Creedy opened it. ‘What’s all this?’

He pulled out an assortment of objects. There were two books: the prison register and an old Unmer tome in raggedy script. And there was a child’s doll. This last was a representation of a human infant, fashioned out of silver and brass. Tiny joints allowed its head and arms to swivel. One of its eye sockets was empty, but the other held a glass copy of the real thing – a finer replica than Creedy’s old clockwork lens. A faint yellow light glowed behind its remaining iris.

‘You don’t remember it?’ Granger said.

Creedy thought for a moment, then frowned. ‘The Unmer child,’ he said, unconsciously lifting his hand to his eye. ‘What did you keep this for?’

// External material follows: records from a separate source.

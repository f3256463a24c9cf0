-- ===== src/Queue/Replay/Selection.antt =====
-- What the replays of janus_graph/pipeline/queue.py do to the table.
use janus_graph.Base.{
  ℕ, Text, [], Bool, false, ◌≡◌, sym, ap, ◌∙◌, find, some, is_none, if◌then◌else◌,
}
use janus_graph.Queue.Schema.{DeadLetter, Db}
use janus_graph.Queue.Policy.{RetryPolicy, mentions}
use janus_graph.Queue.Policy.Codes.{permits-find}
use janus_graph.Queue.Marks.{has_episode_id}
use janus_graph.Queue.Reap.{Gaps}
use janus_graph.Queue.Replay.{replay_row, replay_dlq_episode, refusing_code, dlq_refusal_reason}

refusing :
    (policy : RetryPolicy) (error : Text)
    → policy.allowed_error_codes ≡ []
    → is_none (refusing_code policy error)
      ≡ is_none (find (λ code. mentions code error) policy.permanent_error_codes)
unfolding refusing_code
refusing policy error empty = simp (empty, refusing_code)

-- For an id that has a dead letter, and a policy without an allowlist: `replay_dlq_episode` refuses,
-- and changes nothing, exactly if `dlq_refusal_reason` names a code; else it goes on to requeue.
pub replay-refusal :
    (g : Gaps) (now : ℕ) (id : Text) (policy : RetryPolicy) (d : DeadLetter) (db : Db)
    → find (has_episode_id id) db.dead_letter ≡ some d
    → policy.allowed_error_codes ≡ []
    → replay_dlq_episode g now id (some policy) db ≡ (
        if is_none (dlq_refusal_reason id (some policy) db)
        then replay_row g now d db
        else (db, false))
unfolding replay_dlq_episode dlq_refusal_reason refusing_code
replay-refusal g now id policy d db found empty =
    rw (found, replay_dlq_episode, dlq_refusal_reason)
      (ap (λ (b : Bool). if b then replay_row g now d db else (db, false))
        (permits-find policy d.last_error empty ∙ sym (refusing policy d.last_error empty)))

‘I don’t know,’ Granger said. ‘Evidence. Lift its arm. No, the other one.’

A tinny voice came from the thing: ‘A oo a apee.’

‘I’ll be damned,’ Creedy said. ‘That sounded like speech.’ He lifted the arm again.

‘Oo oo uv ee.’

‘It is speech,’ Granger said. ‘There’s a mechanism inside.’

‘You
opened
it?’

Granger shrugged. ‘Why not?’

Creedy looked incredulous. ‘It’s Unmer made. God knows what sort of sorcery is woven into this thing.’

‘Do you suppose it’s worth anything?’

The other man examined the doll. ‘Maybe,’ he said. ‘If you could figure out what it’s saying. A lot of people will pay good money for something like that. Don’t let Maskelyne’s buyers rip you off, though. No offence, Colonel, but you need the money.’ He looked pointedly around the room, before returning his attention to the doll.

‘A is oo oo.’

‘I doubt it’s even speaking Anean,’ he said. ‘Sounds like one of those old Unmer languages.’

‘Don’t wear it out, Mr Creedy.’ Granger got to his feet and picked up the prison register – a heavy book bound in blue cloth. He thumbed through hundreds of pages, the columns of convicts’ names and dates all written in Swinekicker’s fastidious handwriting and then scored through with neat lines. Coffin nails, the old soldier had called those marks. Only the last half-page had been written in Granger’s own hand. In the six years since he’d been here in Ethugra, he’d drawn nine coffin nails of his own. The final entry remained unmarked.

Duka, Eric. 3/HA/07. Evensraum. E-Com. #44-WR15102. III 30/HA/46 – 13/HR/47

 

Eric Duka, born in Evensraum in 1407. Fought as an enemy combatant, one of twenty thousand soldiers captured by the emperor’s forces at Whiterock Bay during the Forty-fourth War of Liberation. Granger made a clicking sound with his tongue. According to this, he’d received three initial payments from Evensraum Council, followed by ten more from Duka’s own family. Funds ceased on the 13th Hu-Rain 1447 – three weeks ago. No explanation given. Granger took a pencil from the box and drew a shaky line through the text. The chances of the prisoner’s relations sending any more money now were as good as nil. If they petitioned the Council, they might get another one or two compassion payments. But Granger could always claim those had arrived too late.